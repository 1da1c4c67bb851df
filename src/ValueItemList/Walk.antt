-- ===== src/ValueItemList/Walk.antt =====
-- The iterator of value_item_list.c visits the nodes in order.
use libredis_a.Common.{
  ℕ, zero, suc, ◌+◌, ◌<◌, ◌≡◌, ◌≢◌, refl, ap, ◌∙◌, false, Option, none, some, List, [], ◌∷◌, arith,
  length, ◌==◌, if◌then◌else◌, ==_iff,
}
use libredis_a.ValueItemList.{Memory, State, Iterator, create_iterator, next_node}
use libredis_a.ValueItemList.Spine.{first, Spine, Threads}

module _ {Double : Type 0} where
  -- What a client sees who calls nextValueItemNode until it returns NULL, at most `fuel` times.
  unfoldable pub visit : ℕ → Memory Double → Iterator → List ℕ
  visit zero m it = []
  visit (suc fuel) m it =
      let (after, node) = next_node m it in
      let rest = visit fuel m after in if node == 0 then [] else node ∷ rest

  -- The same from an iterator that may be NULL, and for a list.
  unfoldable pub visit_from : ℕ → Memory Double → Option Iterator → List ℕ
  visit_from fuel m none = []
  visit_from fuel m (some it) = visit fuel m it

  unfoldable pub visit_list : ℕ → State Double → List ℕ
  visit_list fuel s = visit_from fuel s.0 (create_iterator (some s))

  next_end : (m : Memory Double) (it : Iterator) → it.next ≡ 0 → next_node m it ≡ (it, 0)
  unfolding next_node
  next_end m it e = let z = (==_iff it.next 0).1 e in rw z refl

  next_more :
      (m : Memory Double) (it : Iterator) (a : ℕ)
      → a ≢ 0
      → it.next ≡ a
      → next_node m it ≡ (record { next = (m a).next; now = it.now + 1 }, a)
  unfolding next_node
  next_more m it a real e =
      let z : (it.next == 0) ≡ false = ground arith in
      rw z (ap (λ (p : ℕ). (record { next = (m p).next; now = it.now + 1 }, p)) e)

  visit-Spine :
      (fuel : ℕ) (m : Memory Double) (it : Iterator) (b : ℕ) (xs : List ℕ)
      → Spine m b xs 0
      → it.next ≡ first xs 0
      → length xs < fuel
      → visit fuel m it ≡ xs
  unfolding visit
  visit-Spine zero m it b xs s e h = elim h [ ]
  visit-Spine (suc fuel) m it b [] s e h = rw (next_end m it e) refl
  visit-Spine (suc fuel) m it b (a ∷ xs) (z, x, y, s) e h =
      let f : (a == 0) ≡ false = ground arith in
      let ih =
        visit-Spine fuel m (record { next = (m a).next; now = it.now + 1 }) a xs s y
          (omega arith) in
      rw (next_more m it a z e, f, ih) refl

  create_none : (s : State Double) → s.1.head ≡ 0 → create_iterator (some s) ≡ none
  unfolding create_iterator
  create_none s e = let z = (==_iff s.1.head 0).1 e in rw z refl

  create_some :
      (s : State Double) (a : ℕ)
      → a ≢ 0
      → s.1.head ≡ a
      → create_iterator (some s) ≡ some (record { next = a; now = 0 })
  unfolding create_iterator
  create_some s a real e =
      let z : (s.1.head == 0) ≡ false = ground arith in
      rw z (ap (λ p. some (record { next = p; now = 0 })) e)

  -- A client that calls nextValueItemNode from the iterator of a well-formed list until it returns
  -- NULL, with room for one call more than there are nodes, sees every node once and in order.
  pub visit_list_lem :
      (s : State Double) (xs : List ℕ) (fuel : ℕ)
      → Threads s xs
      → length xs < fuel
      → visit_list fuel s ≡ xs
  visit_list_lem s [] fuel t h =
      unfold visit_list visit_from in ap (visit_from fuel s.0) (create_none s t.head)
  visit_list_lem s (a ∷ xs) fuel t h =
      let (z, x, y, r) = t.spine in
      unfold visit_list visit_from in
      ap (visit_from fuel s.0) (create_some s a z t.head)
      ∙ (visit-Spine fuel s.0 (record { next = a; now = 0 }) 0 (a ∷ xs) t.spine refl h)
○ ○ ○
Work instruction
Nothing before the line holding "-- A client" belongs in the answer. Repeat that line and the rest of the listing exactly.

Exercise output
  -- A client that calls nextValueItemNode from the iterator of a well-formed list until it returns
  -- NULL, with room for one call more than there are nodes, sees every node once and in order.
  pub visit_list_lem :
      (s : State Double) (xs : List ℕ) (fuel : ℕ)
      → Threads s xs
      → length xs < fuel
      → visit_list fuel s ≡ xs
  visit_list_lem s [] fuel t h =
      unfold visit_list visit_from in ap (visit_from fuel s.0) (create_none s t.head)
  visit_list_lem s (a ∷ xs) fuel t h =
      let (z, x, y, r) = t.spine in
      unfold visit_list visit_from in
      ap (visit_from fuel s.0) (create_some s a z t.head)
      ∙ (visit-Spine fuel s.0 (record { next = a; now = 0 }) 0 (a ∷ xs) t.spine refl h)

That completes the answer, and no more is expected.